Times change, students change, needs change, and so must our teaching voices. In order to do this, not only do we have to be good learners, but we have to be constantly learning. Being a good teacher isn’t an irrevocable status, the definition of a good teacher changes with the needs of students. So, as teachers, our methods and values must change and, consequently, so will our teaching voices.


Math Joke of the Day: What do you get if you divide a pumpkin’s circumference by its diameter? Pumpkin π

The Importance of Framing

Just about all of us have been there: that one dreaded math class that feels like a drag on your whole day. For some people, that’s been just about every math class. And for others, we’ve almost never been there (myself included). This typically stark contrast in outlook on math makes me wonder at what point does math education becomes less fun and surprising and more confusing and mind numbing?

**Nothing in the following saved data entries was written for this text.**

-- ===== src/Settings/Tables.antt =====
-- src/core/settings/read.c: what the sections of the config file set, line by line.
mod Apply
unfoldable pub use Apply.*
use g0wm.Common.{List, [], ◌∷◌}
use g0wm.Settings.Types.{lit}

-- `settings_apply_windows`
abbrev pub windows_lines : List Line
windows_lines =
    line (lit "borderpx") (lit "border_width") uint
    ∷ line (lit "cornerstyle") (lit "corner_style") (enum (lit "settings_corner_styles"))
    ∷ line (lit "cornerpx") (lit "corner_radius") uint
    ∷ line (lit "gaps") (lit "gaps") (number truncated)
    ∷ line (lit "gappx") (lit "gap_size") uint
    ∷ line (lit "smartgaps") (lit "smart_gaps") flag
    ∷ line (lit "titlebar") (lit "title_bar") flag
    ∷ line (lit "titlepadding") (lit "title_padding") uint
    ∷ line (lit "titlecenter") (lit "title_center") flag
    ∷ line (lit "titleclose") (lit "title_close") flag
    ∷ line (lit "titleclosecolor") (lit "title_close_color") color
    ∷ line (lit "privatecolor") (lit "private_color") color
    ∷ line (lit "privateround") (lit "private_round") (number at_most_one)
    ∷ line (lit "alwaysprivate") (lit "always_private") flag
    ∷ line (lit "publiccolor") (lit "public_color") color
    ∷ line (lit "privatetitle") (lit "private_title") string
    ∷ line (lit "movethreshold") (lit "move_threshold") (number truncated)
    ∷ line (lit "movesnap") (lit "move_snap") (number truncated)
    ∷ []

-- `settings_apply_bar`
abbrev pub bar_lines : List Line
bar_lines =
    line (lit "showbar") (lit "bar_enabled") flag
    ∷ line (lit "topbar") (lit "bar_top") flag
    ∷ line (lit "barwintitle") (lit "bar_window_title") flag
    ∷ line (lit "bartagdots") (lit "bar_tag_dots") flag
    ∷ line (lit "bartagdotsize") (lit "bar_tag_dot_size") uint
    ∷ line (lit "bartagdotgap") (lit "bar_tag_dot_gap") uint
    ∷ line (lit "bartagdotwidth") (lit "bar_tag_dot_width") (number at_least_one)
    ∷ line (lit "bartagdotround") (lit "bar_tag_dot_round") (number zero_to_one)
    ∷ line (lit "barurgentpulse") (lit "bar_urgent_pulse") uint
    ∷ line (lit "barltsymbol") (lit "bar_layout_symbol") flag
    ∷ line (lit "barboxradius") (lit "bar_box_radius") uint
    ∷ line (lit "barpadding") (lit "bar_padding") uint
    ∷ line (lit "barheight") (lit "bar_height") (number narrowed)
    ∷ line (lit "barsinglemon") (lit "bar_single_monitor") flag
    ∷ line (lit "barstatus") (lit "bar_status") (enum (lit "settings_bar_statuses"))
    ∷ line (lit "showsystray") (lit "systray_enabled") flag
    ∷ line (lit "systrayspacing") (lit "systray_spacing") uint
    ∷ line (lit "systraypadding") (lit "systray_padding") uint
    ∷ line (lit "systrayiconsize") (lit "systray_icon_size") uint
    ∷ line (lit "shownotifications") (lit "notifications_enabled") flag
    ∷ line (lit "notification_timeout") (lit "notification_timeout") uint
    ∷ line (lit "notification_linewidth") (lit "notification_line_width") uint
    ∷ line (lit "notification_lineradius") (lit "notification_line_radius") uint
    ∷ line (lit "notification_actionsign") (lit "notification_action_sign") string
    ∷ line (lit "runner_placeholder") (lit "runner_placeholder") string
    ∷ line (lit "runner_max_candidates") (lit "runner_max_candidates") uint
    ∷ line (lit "runner_pillheight") (lit "runner_pill_height") uint
    ∷ line (lit "runner_pillpadding") (lit "runner_pill_padding") uint
    ∷ line (lit "runner_pillround") (lit "runner_pill_round") (number at_most_one)
    ∷ line (lit "runner_fuzzy") (lit "runner_fuzzy") flag
    ∷ line (lit "runner_icons") (lit "runner_icons") (enum (lit "settings_runner_icons"))
    ∷ line (lit "runner_iconsize") (lit "runner_icon_size") uint
    ∷ line (lit "runner_iconround") (lit "runner_icon_round") (number zero_to_one)
    ∷ line (lit "runner_iconborder") (lit "runner_icon_border") uint
    ∷ line (lit "runner_history_size") (lit "runner_history_size") uint
    ∷ line (lit "runner_shell") (lit "runner_shell") string
    ∷ line (lit "runner_terminal") (lit "runner_terminal") string
    ∷ line (lit "runner_termprefix") (lit "runner_terminal_prefix") string
    ∷ line (lit "runner_runprefix") (lit "runner_run_prefix") string
    ∷ line (lit "runner_calcprefix") (lit "runner_calc_prefix") string
    ∷ line (lit "runner_searchprefix") (lit "runner_search_prefix") string
    ∷ line (lit "runner_searchurl") (lit "runner_search_url") string
    ∷ line (lit "runner_windowprefix") (lit "runner_window_prefix") string
    ∷ line (lit "runner_tagprefix") (lit "runner_tag_prefix") string
    ∷ line (lit "runner_files") (lit "runner_files") flag
    ∷ line (lit "runner_paths") (lit "runner_paths") string
    ∷ line (lit "runner_calc_precision") (lit "runner_calc_precision") uint
    ∷ []

-- `settings_apply_opacity`, and its part for INTEGRATED_BACKGROUND.
abbrev pub opacity_lines : List Line
opacity_lines =
    line (lit "opacity_enabled") (lit "opacity_enabled") flag
    ∷ line (lit "opacity_focus") (lit "opacity_focus") (number narrowed)
    ∷ line (lit "opacity_unfocus") (lit "opacity_unfocus") (number narrowed)
    ∷ line (lit "opacity_deco") (lit "opacity_decorations") (number narrowed)
    ∷ []

abbrev pub blur_lines : List Line
blur_lines =
    line (lit "opacity_type") (lit "opacity_type") (enum (lit "settings_opacity_kinds"))
    ∷ line (lit "blur_radius") (lit "blur_radius") uint
    ∷ line (lit "blur_passes") (lit "blur_passes") uint
    ∷ line (lit "blur_saturation") (lit "blur_saturation") (number narrowed)
    ∷ line (lit "blur_brightness") (lit "blur_brightness") (number narrowed)
    ∷ []

-- What `settings_apply_input` reads before the keymap, the keymap, and the rest.
abbrev pub input_first_lines : List Line
input_first_lines = line (lit "sloppyfocus") (lit "sloppy_focus") flag ∷ []

abbrev pub xkb_lines : List Line
xkb_lines =
    line (lit "rules") (lit "xkb_rules.rules") string
    ∷ line (lit "model") (lit "xkb_rules.model") string
    ∷ line (lit "layout") (lit "xkb_rules.layout") string
    ∷ line (lit "variant") (lit "xkb_rules.variant") string
    ∷ line (lit "options") (lit "xkb_rules.options") string
    ∷ []

abbrev pub input_lines : List Line
input_lines =
    line (lit "repeat_rate") (lit "repeat_rate") (number truncated)
    ∷ line (lit "repeat_delay") (lit "repeat_delay") (number truncated)
    ∷ line (lit "cursor_theme") (lit "cursor_theme") string
    ∷ line (lit "cursor_size") (lit "cursor_size") (number truncated)
    ∷ line (lit "hide_cursor_when_typing") (lit "hide_cursor_when_typing") flag
    ∷ line (lit "tap_to_click") (lit "tap_to_click") flag
    ∷ line (lit "tap_and_drag") (lit "tap_and_drag") flag
    ∷ line (lit "drag_lock") (lit "drag_lock") flag
    ∷ line (lit "natural_scrolling") (lit "natural_scrolling") flag
    ∷ line (lit "disable_while_typing") (lit "disable_while_typing") flag
    ∷ line (lit "left_handed") (lit "left_handed") flag
    ∷ line (lit "middle_button_emulation") (lit "middle_button_emulation") flag
    ∷ line (lit "scroll_method") (lit "scroll_method") (enum (lit "settings_scroll_methods"))
    ∷ line (lit "click_method") (lit "click_method") (enum (lit "settings_click_methods"))
    ∷ line (lit "send_events_mode") (lit "send_events_mode") (enum (lit "settings_send_events"))
    ∷ line (lit "accel_profile") (lit "accel_profile") (enum (lit "settings_accel_profiles"))
    ∷ line (lit "accel_speed") (lit "accel_speed") (number exact)
    ∷ line (lit "touchpad_natural_scrolling") (lit "touchpad_natural_scrolling") flag
    ∷ line (lit "touchpad_accel_profile") (lit "touchpad_accel_profile")
        (enum (lit "settings_accel_profiles"))
    ∷ line (lit "touchpad_accel_speed") (lit "touchpad_accel_speed") (number exact)
    ∷ line (lit "pinchzoom_mod") (lit "pinch_zoom_modifier") mods
    ∷ line (lit "button_map") (lit "tap_button_map") (enum (lit "settings_button_maps"))
    ∷ line (lit "tablet_output") (lit "tablet_output") string
    ∷ line (lit "tablet_left_handed") (lit "tablet_left_handed") flag
    ∷ line (lit "touch_output") (lit "touch_output") string
    ∷ []

-- `settings_apply_misc`
abbrev pub misc_lines : List Line
misc_lines =
    line (lit "log_level") (lit "log_level") (enum (lit "settings_log_levels"))
    ∷ line (lit "bypass_surface_visibility") (lit "bypass_surface_visibility") flag
    ∷ line (lit "allow_tearing") (lit "allow_tearing") flag
    ∷ line (lit "auto_vrr") (lit "auto_vrr") flag
    ∷ []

Our recent discussions on critical pedagogy, made me realize that the biggest issue is framing. A lot of math classes take on the same form: topic introduction, repetitive practice, testing/assessment. Although most math classes take on this form, some are more bearable than others. So, what is the difference? It must be the framing. Here, by framing, I refer to how material is presented and the attitude used to approach it. For some people, the idea of learning a method and finding different ways to repetitively use it is mentally stimulating enough to stay interested. I find myself in this group of people; it’s like learning a new rule in a puzzle game and you get to play puzzles all day. However, for others, this is a nightmare. This kind of framing hearkens back to the need to educate students to repetitively carry out a task to be successful in assembly lines which were integral to the work force in the 1920’s.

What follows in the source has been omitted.